A new person is not able to easily understand where to start, as it hidesrelationships between cells. Serious effort must be made to decode the spreadsheet and the context behind it.
While other languages like python may be harder to learn, the ability to contribute to someone else’s work sets a foundation for community, extensibility and a shared language for connected thought and learning. Spreadsheets create information silos.
Also, spreadsheets have no inherent way of collaborating across different documents.
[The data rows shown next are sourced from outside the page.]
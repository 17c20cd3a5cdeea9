-- ===== src/Timing/Deadline.antt =====
-- apps/player/src/core/signed-deadline.ts: a signed wall-clock deadline with two timers. The wall
-- timer reads the wall clock, the fail-safe timer counts the time that was left at the start.
-- The watcher's variables and its timers are the state; a timer is kept with its delay. Wall
-- times and delays are in milliseconds, and a time that is past counts as none left.
pub mod Expiry
use screen_goblin.Prelude.{
  ℕ, zero, suc, ◌+◌, ◌-◌, ◌≤◌, ◌<◌, ◌≡◌, refl, ◌⊎◌, inl, inr, Bool, true, false, Option, none, some,
  List, [], ◌∷◌, min, leb, ltb, ◌==◌, if◌then◌else◌, arith,
}

abbrev pub max_wall_clock_check : ℕ
max_wall_clock_check = 30000

abbrev pub max_timer_delay : ℕ
max_timer_delay = 86400000

-- `elapsed` counts the calls of `onElapsed`, `listening` tells if the listeners are attached.
pub record Watcher : Type 0 where
  pub deadline : ℕ
  pub wall_timer : Option ℕ
  pub fail_safe_timer : Option ℕ
  pub fail_safe_remaining : ℕ
  pub finished : Bool
  pub listening : Bool
  pub elapsed : ℕ

unfoldable pub expire : Watcher → Watcher
expire w = if w.finished then w else record w {
  finished = true;
  wall_timer = none;
  fail_safe_timer = none;
  listening = false;
  elapsed = suc w.elapsed;
}

unfoldable pub check_wall_clock : ℕ → Watcher → Watcher
unfolding expire
check_wall_clock now w =
    if w.finished
    then w
    else if leb w.deadline now
    then expire (record w { wall_timer = none })
    else record w { wall_timer = some (min (w.deadline - now) max_wall_clock_check) }

unfoldable pub schedule_fail_safe : Watcher → Watcher
unfolding expire
schedule_fail_safe w =
    if w.finished
    then w
    else if w.fail_safe_remaining == 0
    then expire w
    else record w { fail_safe_timer = some (min w.fail_safe_remaining max_timer_delay) }

-- The callback of the fail-safe timer that was set for `delay`.
unfoldable pub on_fail_safe : ℕ → Watcher → Watcher
unfolding schedule_fail_safe
on_fail_safe delay w =
    schedule_fail_safe
      (record w { fail_safe_timer = none; fail_safe_remaining = w.fail_safe_remaining - delay })

-- `watchSignedDeadline`, with the readings of the clock at its start and at its first check.
unfoldable pub watch_signed_deadline : ℕ → ℕ → ℕ → Watcher
unfolding check_wall_clock schedule_fail_safe
watch_signed_deadline deadline start now = schedule_fail_safe (
    check_wall_clock now (record {
      deadline = deadline;
      wall_timer = none;
      fail_safe_timer = none;
      fail_safe_remaining = deadline - start;
      finished = false;
      listening = true;
      elapsed = 0;
    }))

-- The function that `watchSignedDeadline` returns.
unfoldable pub cancel : Watcher → Watcher
cancel w =
    if w.finished
    then w
    else record w { finished = true; wall_timer = none; fail_safe_timer = none; listening = false }

-- `looks` is the wall timer or a lifecycle event at a wall time, `counts` the fail-safe timer.
pub data Event : Type 0 where
  looks : ℕ → Event
  counts cancels : Event

unfoldable pub step : Event → Watcher → Watcher
unfolding check_wall_clock on_fail_safe cancel
step (looks now) w = check_wall_clock now w
step counts w = elim w.fail_safe_timer [ none ↦ w | some delay ↦ on_fail_safe delay w ]
step cancels w = cancel w

unfoldable pub run : List Event → Watcher → Watcher
run [] w = w
run (e ∷ es) w = run es (step e w)
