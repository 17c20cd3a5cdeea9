-- ===== src/Timing/Deadline/Expiry.antt =====
-- apps/player/src/core/signed-deadline.ts: the watcher reports its deadline once, and no
-- correction of the wall clock puts it off.
use screen_goblin.Prelude.{
  ℕ, suc, ◌+◌, ◌*◌, ◌-◌, ◌≤◌, ◌<◌, ◌≡◌, ◌⊎◌, inl, inr, true, false, none, some, List, [], ◌∷◌, min,
  is_some, arith,
}
use screen_goblin.Timing.Deadline.{
  Watcher, Event, looks, counts, cancels, max_timer_delay, watch_signed_deadline, step, run,
}

-- The watcher is at work: both timers run, and nothing has been reported.
pub record IsWatching (w : Watcher) : Type 0 where
  pub unfinished : w.finished ≡ false
  pub silent : w.elapsed ≡ 0
  pub heard : w.listening ≡ true
  pub left : 0 < w.fail_safe_remaining
  pub counting : w.fail_safe_timer ≡ some (min w.fail_safe_remaining max_timer_delay)
  pub looking : is_some w.wall_timer ≡ true

-- The watcher is done: nothing of it is left behind, and it has reported once at most.
pub record IsDone (w : Watcher) : Type 0 where
  pub over : w.finished ≡ true
  pub once : w.elapsed ≤ 1
  pub deaf : w.listening ≡ false
  pub uncounted : w.fail_safe_timer ≡ none
  pub unlooking : w.wall_timer ≡ none

-- How often the fail-safe timer fires.
abbrev pub fires : List Event → ℕ
fires [] = 0
fires (counts ∷ es) = suc (fires es)
fires (_ ∷ es) = fires es

-- Where the watcher stands, with `total` left in all for the fail-safe countdown.
abbrev pub Stands : ℕ → Watcher → Type 0
Stands total w = IsDone w ⊎ (IsWatching w × (w.fail_safe_remaining ≤ total))

abbrev spent : Event → ℕ
spent counts = max_timer_delay
spent _ = 0

step-Stands :
    (e : Event) (w : Watcher) (total : ℕ) → Stands (spent e + total) w → Stands total (step e w)
unfolding step
step-Stands (looks now) w total s = ground arith
step-Stands counts w total s = ground arith
step-Stands cancels w total s = ground arith

run-Stands :
    (es : List Event) (w : Watcher) (total : ℕ)
    → Stands (max_timer_delay * fires es + total) w
    → Stands total (run es w)
unfolding run
run-Stands [] w total s = ground arith
run-Stands (looks now ∷ es) w total s =
    run-Stands es (step (looks now) w) total
      (step-Stands (looks now) w (max_timer_delay * fires es + total) (ground arith))
run-Stands (counts ∷ es) w total s =
    run-Stands es (step counts w) total
      (step-Stands counts w (max_timer_delay * fires es + total) (ground arith))
run-Stands (cancels ∷ es) w total s =
    run-Stands es (step cancels w) total
      (step-Stands cancels w (max_timer_delay * fires es + total) (ground arith))

watch-Stands :
    (deadline start now : ℕ) → Stands (deadline - start) (watch_signed_deadline deadline start now)
unfolding watch_signed_deadline
watch-Stands deadline start now = ground arith

-- The watcher reports its deadline once at most, and when it is done it has no timer and no
-- listener left, whatever the wall clock shows.
pub run_once :
    (deadline start now : ℕ) (es : List Event)
    → IsDone (run es (watch_signed_deadline deadline start now))
      ⊎ IsWatching (run es (watch_signed_deadline deadline start now))
run_once deadline start now es =
    let w = watch_signed_deadline deadline start now in
    let total = max_timer_delay * fires es + (deadline - start) in
    elim (run-Stands es w total (ground (arith, watch-Stands deadline start now))) [
      | inl done ↦ inl done
      | inr (watching, _) ↦ inr watching
    ]

-- When the fail-safe timer has counted the time that was left at the start, the watcher is
-- done, however the wall clock was corrected since.
pub run_fail_safe :
    (deadline start now : ℕ) (es : List Event)
    → deadline - start ≤ max_timer_delay * fires es
    → IsDone (run es (watch_signed_deadline deadline start now))
run_fail_safe deadline start now es h =
    let w = watch_signed_deadline deadline start now in
    elim (run-Stands es w 0 (ground (arith, watch-Stands deadline start now))) [
      | inl done ↦ done
      | inr (watching, small) ↦ absurd (omega (arith, watching.left))
    ]

-- A look at a wall clock that has reached the deadline ends the watch at once.
pub look_expires :
    (now total : ℕ) (w : Watcher) → Stands total w → w.deadline ≤ now → IsDone (step (looks now) w)
unfolding step
look_expires now total w s h = ground arith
Spreadsheets can hardly be reused (other than making copies), and cannot easily embed data and calculations from other spreadsheets (without a lot of effort).
We need a better and more transparent way for people to collaborate, to take data and calculations out of their silos and allow people to communicate and reuse them easily.
In most situations, complex spreadsheets are not used for communication.
Instead, their values or graphics are extracted and embedded in a document, e-mail or Powerpoint presentation. They lose their provenance, and there’s no good way for the recipient of that message to validate the process or correction of the data that they’re being presented with. They’re getting a value out of context in a static document.
Imagine if the medium that you communicated in was also the medium in which the calculations and data lived. All the data would be traceable to its origin and easily understood with minimal effort by anyone with enough diligence.
Documents like these are not meant to be static. These documents are meant to be living things, updated in real-time, created, changed and consumed by many people collaborating.
At Decipad, we believe a better and more accessible way to create, collaborate and share number-related knowledge is possible.
The software engineering and open source communities have opened up the world. They have helped me personally in expressing my creativity and improving my ingenuity, allowing me to help others be more productive and efficient. We need to make it easier for more people to use data tools that promote collaboration, extensibility and shared learning.
We’re just getting started. But, in the coming months, we will be sharing how we’re trying to approach issues like units, dimensions, reuse and more.